> **THE TASK**
Pull every line containing "underscored" from the entries.

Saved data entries
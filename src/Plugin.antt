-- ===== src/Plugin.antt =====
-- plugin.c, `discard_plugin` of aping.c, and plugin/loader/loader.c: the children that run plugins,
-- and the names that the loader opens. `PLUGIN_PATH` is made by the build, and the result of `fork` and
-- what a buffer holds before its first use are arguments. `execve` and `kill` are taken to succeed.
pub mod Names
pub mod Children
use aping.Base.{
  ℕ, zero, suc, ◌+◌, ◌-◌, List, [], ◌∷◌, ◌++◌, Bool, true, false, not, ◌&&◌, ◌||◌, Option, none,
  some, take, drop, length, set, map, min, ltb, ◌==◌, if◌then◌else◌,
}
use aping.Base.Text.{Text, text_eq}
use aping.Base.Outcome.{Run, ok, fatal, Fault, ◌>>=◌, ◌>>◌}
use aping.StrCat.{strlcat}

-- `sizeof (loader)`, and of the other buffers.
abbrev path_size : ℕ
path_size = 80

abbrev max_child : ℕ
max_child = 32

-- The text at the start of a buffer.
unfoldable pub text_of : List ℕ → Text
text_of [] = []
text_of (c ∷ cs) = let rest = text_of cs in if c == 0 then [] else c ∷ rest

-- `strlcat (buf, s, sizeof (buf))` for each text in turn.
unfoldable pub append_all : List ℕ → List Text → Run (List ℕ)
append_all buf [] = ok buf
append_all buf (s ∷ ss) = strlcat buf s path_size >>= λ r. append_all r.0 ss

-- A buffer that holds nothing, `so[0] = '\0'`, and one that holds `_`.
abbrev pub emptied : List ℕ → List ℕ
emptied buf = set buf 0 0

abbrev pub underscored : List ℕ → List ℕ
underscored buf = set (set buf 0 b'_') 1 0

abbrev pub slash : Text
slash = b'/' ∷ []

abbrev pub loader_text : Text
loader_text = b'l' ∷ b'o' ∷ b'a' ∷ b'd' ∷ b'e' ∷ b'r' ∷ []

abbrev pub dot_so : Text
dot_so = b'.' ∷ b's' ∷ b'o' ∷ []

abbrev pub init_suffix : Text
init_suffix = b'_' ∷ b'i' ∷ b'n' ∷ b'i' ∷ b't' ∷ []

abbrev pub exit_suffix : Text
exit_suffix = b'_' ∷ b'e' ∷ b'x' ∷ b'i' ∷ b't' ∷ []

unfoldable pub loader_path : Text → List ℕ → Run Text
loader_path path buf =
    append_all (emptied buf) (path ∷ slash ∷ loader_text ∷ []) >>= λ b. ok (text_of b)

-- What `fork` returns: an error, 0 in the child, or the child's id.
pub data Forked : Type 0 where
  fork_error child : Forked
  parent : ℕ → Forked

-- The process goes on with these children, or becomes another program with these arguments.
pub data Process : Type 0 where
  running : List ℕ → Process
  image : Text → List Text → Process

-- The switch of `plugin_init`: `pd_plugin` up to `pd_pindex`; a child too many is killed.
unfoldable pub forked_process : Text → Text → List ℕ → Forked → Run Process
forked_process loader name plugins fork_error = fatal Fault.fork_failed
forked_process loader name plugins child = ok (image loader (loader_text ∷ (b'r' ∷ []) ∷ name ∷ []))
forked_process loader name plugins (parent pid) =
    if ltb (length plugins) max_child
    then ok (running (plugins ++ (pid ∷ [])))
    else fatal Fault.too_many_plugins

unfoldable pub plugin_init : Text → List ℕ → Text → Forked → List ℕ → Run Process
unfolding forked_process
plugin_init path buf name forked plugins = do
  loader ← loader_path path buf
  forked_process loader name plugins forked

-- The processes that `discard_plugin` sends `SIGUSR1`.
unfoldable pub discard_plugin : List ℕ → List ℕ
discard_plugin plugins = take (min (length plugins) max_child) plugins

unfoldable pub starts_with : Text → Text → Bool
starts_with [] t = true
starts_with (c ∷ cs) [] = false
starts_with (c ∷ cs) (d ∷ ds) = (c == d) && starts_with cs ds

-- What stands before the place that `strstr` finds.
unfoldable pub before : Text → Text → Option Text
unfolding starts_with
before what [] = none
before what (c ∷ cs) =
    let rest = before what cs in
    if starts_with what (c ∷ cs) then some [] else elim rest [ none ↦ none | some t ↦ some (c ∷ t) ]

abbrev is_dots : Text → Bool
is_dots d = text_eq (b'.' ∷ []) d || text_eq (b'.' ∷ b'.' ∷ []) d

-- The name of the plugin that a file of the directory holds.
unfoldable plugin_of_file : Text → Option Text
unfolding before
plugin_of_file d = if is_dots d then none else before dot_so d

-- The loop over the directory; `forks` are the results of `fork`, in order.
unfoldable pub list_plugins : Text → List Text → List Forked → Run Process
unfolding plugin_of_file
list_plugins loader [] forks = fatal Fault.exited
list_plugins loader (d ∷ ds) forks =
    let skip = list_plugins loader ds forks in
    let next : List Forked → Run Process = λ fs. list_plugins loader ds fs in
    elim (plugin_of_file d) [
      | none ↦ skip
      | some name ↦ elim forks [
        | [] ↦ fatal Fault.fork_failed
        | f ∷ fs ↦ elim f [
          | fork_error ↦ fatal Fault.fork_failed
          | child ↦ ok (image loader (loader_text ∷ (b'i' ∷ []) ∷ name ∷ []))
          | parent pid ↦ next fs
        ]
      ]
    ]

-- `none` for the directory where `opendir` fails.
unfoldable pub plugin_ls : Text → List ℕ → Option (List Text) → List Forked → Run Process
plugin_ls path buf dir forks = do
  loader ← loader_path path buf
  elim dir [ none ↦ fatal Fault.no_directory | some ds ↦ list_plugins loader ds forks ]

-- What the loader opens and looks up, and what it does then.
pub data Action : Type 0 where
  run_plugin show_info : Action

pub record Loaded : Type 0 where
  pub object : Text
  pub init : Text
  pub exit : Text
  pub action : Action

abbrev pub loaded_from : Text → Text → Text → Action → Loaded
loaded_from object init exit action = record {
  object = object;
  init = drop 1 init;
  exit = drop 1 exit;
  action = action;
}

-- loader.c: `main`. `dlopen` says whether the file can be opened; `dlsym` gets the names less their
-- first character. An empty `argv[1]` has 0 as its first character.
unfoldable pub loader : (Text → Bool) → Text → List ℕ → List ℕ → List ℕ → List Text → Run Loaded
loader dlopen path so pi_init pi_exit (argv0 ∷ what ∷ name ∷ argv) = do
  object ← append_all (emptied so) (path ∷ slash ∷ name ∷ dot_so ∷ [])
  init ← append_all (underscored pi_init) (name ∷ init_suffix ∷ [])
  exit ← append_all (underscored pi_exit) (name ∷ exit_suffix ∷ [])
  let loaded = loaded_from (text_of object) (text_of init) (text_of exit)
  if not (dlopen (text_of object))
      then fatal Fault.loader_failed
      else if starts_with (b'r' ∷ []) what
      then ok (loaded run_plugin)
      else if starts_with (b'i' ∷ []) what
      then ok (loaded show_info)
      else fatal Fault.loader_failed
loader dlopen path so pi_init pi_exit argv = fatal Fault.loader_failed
* * *
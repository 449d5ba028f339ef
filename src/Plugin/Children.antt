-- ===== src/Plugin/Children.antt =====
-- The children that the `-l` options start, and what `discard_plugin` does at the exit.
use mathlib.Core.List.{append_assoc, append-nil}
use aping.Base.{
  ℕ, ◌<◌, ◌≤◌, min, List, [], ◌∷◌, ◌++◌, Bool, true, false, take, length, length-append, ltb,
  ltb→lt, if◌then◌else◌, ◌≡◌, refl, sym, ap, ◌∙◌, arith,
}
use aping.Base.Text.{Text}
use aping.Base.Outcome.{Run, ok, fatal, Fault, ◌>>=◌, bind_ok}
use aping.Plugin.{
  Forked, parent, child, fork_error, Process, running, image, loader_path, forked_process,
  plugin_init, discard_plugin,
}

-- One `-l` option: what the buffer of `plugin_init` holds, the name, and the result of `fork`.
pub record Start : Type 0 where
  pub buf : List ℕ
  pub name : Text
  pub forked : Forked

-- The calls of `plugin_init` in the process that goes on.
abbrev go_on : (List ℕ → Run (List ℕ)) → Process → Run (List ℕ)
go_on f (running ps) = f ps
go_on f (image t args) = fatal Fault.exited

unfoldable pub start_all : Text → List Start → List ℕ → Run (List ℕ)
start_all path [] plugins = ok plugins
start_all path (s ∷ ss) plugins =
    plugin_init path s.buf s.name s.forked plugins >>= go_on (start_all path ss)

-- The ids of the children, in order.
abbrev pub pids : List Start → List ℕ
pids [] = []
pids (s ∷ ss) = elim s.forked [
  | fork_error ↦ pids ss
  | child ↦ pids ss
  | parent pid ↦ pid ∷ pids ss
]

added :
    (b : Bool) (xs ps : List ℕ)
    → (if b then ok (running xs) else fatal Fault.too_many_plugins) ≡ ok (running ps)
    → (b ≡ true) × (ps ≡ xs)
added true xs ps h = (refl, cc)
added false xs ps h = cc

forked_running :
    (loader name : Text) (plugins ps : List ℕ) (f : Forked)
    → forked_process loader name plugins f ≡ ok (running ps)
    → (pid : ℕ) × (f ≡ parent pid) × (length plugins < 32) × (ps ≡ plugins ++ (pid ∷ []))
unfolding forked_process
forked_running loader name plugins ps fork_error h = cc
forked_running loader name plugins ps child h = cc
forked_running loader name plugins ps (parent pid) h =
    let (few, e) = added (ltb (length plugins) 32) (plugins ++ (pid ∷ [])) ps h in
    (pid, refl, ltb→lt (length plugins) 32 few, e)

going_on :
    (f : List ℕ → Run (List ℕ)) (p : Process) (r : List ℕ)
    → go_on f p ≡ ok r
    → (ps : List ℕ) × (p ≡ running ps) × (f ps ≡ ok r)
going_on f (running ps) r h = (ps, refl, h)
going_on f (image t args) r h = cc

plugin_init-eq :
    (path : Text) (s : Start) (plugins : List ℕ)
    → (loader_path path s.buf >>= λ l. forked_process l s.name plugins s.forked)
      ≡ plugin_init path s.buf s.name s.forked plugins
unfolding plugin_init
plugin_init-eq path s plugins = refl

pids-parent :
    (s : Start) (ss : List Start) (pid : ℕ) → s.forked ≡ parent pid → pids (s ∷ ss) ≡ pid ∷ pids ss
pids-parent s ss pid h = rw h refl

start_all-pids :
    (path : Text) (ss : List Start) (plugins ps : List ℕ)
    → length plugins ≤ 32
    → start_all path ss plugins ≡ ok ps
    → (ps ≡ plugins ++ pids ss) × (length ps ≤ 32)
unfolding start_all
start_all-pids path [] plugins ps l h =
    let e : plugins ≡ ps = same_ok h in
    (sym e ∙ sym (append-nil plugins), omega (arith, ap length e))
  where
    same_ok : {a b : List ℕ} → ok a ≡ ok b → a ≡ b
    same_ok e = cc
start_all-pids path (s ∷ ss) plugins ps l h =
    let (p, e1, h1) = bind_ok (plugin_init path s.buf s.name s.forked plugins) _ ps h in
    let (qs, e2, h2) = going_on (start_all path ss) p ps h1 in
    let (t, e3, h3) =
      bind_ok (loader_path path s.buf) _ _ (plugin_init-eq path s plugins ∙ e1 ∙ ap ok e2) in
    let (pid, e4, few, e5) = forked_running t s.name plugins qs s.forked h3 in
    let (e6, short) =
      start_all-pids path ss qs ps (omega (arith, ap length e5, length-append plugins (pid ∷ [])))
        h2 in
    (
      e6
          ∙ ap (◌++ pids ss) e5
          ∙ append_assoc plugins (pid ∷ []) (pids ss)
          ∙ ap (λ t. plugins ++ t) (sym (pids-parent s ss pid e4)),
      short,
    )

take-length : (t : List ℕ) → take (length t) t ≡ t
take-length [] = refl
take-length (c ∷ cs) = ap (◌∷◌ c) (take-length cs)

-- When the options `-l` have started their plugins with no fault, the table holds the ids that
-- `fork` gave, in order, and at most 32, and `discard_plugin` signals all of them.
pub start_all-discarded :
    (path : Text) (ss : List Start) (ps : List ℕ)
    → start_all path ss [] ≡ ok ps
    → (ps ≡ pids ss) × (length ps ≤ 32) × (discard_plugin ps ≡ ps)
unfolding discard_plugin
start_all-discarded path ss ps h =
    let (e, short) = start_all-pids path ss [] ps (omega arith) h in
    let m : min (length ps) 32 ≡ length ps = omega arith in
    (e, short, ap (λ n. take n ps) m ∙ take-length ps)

> **WRITTEN RESPONSE**
abbrev pub underscored : List ℕ → List ℕ
underscored buf = set (set buf 0 b'_') 1 0
  init ← append_all (underscored pi_init) (name ∷ init_suffix ∷ [])
  exit ← append_all (underscored pi_exit) (name ∷ exit_suffix ∷ [])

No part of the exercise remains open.